There are many online resources as well as books which describe the query plans in more detail, the difficulty is that SQL performance optimization is a very broad and complex problem, and many such resources tend to go into too much detail for the novice; One first needs to understand the fundamental principles and structures which underlie SQL Server (the way indexes work, the way the data is stored, the difference between clustered indexes and heaps...) before diving into many of the [important] details of query optimization. It is a bit like baseball: first you need to know the rules before understanding all the subtle [and important] concepts related to the game strategy.
See this related SO Question for additional pointers.
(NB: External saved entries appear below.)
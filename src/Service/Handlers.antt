-- ===== src/Service/Handlers.antt =====
-- crates/is-net/src/service.rs: a sighting of a machine, and what a session reports.
use inputshare.Base.{
  List, ℕ, ◌+◌, ◌*◌, ◌^◌, min, max, String, Bool, true, false, not, ◌||◌, Option, none, some, [],
  ◌∷◌, ◌++◌, ◌==◌, if◌then◌else◌,
}
use inputshare.Model.{WorkspaceDoc, MachineRecord}
use inputshare.Model.Query.{machine}
use inputshare.Service.{
  get, insert, SocketAddr, Event, SessionOutcome, established, closed, Status, PeerSlot, Actor,
  new_slot, fresh, emit, contains, slot_or, change,
}
use inputshare.Wire.{Announcement}

-- `2u32.saturating_pow` of at most 5 does not saturate.
unfoldable pub backoff : ℕ → ℕ
backoff attempts = min (1000 * 2 ^ min attempts 5) 30000

abbrev pub u32_max : ℕ
u32_max = 4294967295

abbrev same_id : Option ℕ → Option ℕ → Bool
same_id none none = true
same_id (some a) (some b) = a == b
same_id _ _ = false

abbrev moved : Option (Option ℕ) → Option ℕ → Bool
moved none announced = false
moved (some seen) announced = not (same_id seen announced)

-- The slot after a sighting of a machine that is admitted.
unfoldable pub sight : Announcement → SocketAddr → ℕ → PeerSlot → PeerSlot
unfolding fresh
sight n addr now slot =
    let retry = not (fresh slot now) || moved slot.last_workspace n.workspace_id in
    record slot {
      display_name = n.display_name;
      addr = some addr;
      last_workspace = some n.workspace_id;
      last_seen = some now;
      attempts = (if retry then 0 else slot.attempts);
      next_attempt = (if retry then now else slot.next_attempt);
    }

abbrev reply : Bool → ℕ → List ℕ
reply false ip = []
reply true ip = ip ∷ []

unfoldable pub on_sighting : (ℕ → ℕ → Bool) → ℕ → Announcement → ℕ → Actor → Actor
unfolding emit sight new_slot contains
on_sighting authorize now n ip a =
    let addr : SocketAddr = record { ip = ip; port = n.transport_port } in
    let asked : Actor = record a { replies = a.replies ++ reply n.probe ip } in
    if n.machine_id == a.me
    then a
    else if not (authorize n.machine_id n.identity_key)
    then emit
        (Event.candidate n.machine_id n.display_name n.identity_key n.workspace_id addr
          (contains n.invitations a.me))
        asked
    else emit (Event.sighted n.machine_id) (record asked {
      peers =
          insert a.peers n.machine_id
            (sight n addr now (slot_or (get a.peers n.machine_id) (new_slot n.display_name now)));
    })

-- The slot after a session of it has ended.
unfoldable pub close_slot : ℕ → PeerSlot → PeerSlot
unfolding backoff
close_slot now slot =
    let attempts = min (slot.attempts + 1) u32_max in
    record slot {
      status = Status.offline;
      outbound = none;
      attempts = attempts;
      next_attempt = now + backoff attempts;
    }

unfoldable pub refuse_slot : ℕ → PeerSlot → PeerSlot
refuse_slot now slot = record slot {
  status = Status.offline;
  outbound = none;
  attempts = max slot.attempts 5;
  next_attempt = now + 30000;
}

unfoldable pub open_slot : String → ℕ → ℕ → PeerSlot → PeerSlot
open_slot name session now slot = record slot {
  display_name = name;
  status = Status.online;
  outbound = some session;
  attempts = 0;
  last_seen = some now;
}

unfoldable pub on_session : ℕ → SessionOutcome → Actor → Actor
unfolding emit new_slot open_slot close_slot refuse_slot change
on_session now (established id name session) a = emit (Event.online id) (record a {
  peers =
      insert a.peers id (open_slot name session now (slot_or (get a.peers id) (new_slot name now)));
})
on_session now (closed id reason) a =
    emit (Event.offline id reason) (record a { peers = change (close_slot now) id a.peers })
on_session now (SessionOutcome.rejected id key addr) a = emit (Event.rejected id key addr) a
on_session now (SessionOutcome.different_workspaces id name key theirs size) a =
    emit (Event.different_workspaces id name key theirs size)
      (record a { peers = change (refuse_slot now) id a.peers })
on_session now SessionOutcome.workspace_changed a = emit Event.workspace_changed a

-- `Workspace::authorize` as the trait gives it: a member, with the key of its pairing.
abbrev paired : Option MachineRecord → ℕ → Bool
paired none key = false
paired (some m) key = m.public_key == key

abbrev paired_in : Option WorkspaceDoc → ℕ → ℕ → Bool
paired_in none id key = false
paired_in (some doc) id key = paired (machine doc id) key

unfoldable pub authorize : Option WorkspaceDoc → ℕ → ℕ → Bool
authorize snapshot id key = paired_in snapshot id key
Here's a great resource to help you understand them
http://downloads.red-gate.com/ebooks/HighPerformanceSQL_ebook.zip
This is from red-gate which is a company that makes great SQL server tools, it's free and it's well worth the time to download and read.
it is a very serious part of knowledge. And I highly to recommend special training courses about that. As for me after spent week on courses I boosted performance of queries about 1000 times (nostalgia)
The Execution Plan shows you how the database is fetching, sorting and filtering the data required for your query.
For example:
SELECT
*
FROM
TableA
INNER JOIN
TableB
ON
TableA.Id = TableB.TableAId
WHERE
TableB.TypeId = 2
ORDER BY
TableB.Date ASC
Would result in an execution plan showing the database getting records from TableA and TableB, matching them to satisfy the JOIN, filtering to satisfy the WHERE and sorting to satisfy the ORDER BY.
From this, you can work out what is slowing down the query, whether it would be beneficial to review your indexes or if you can speed things up in another way.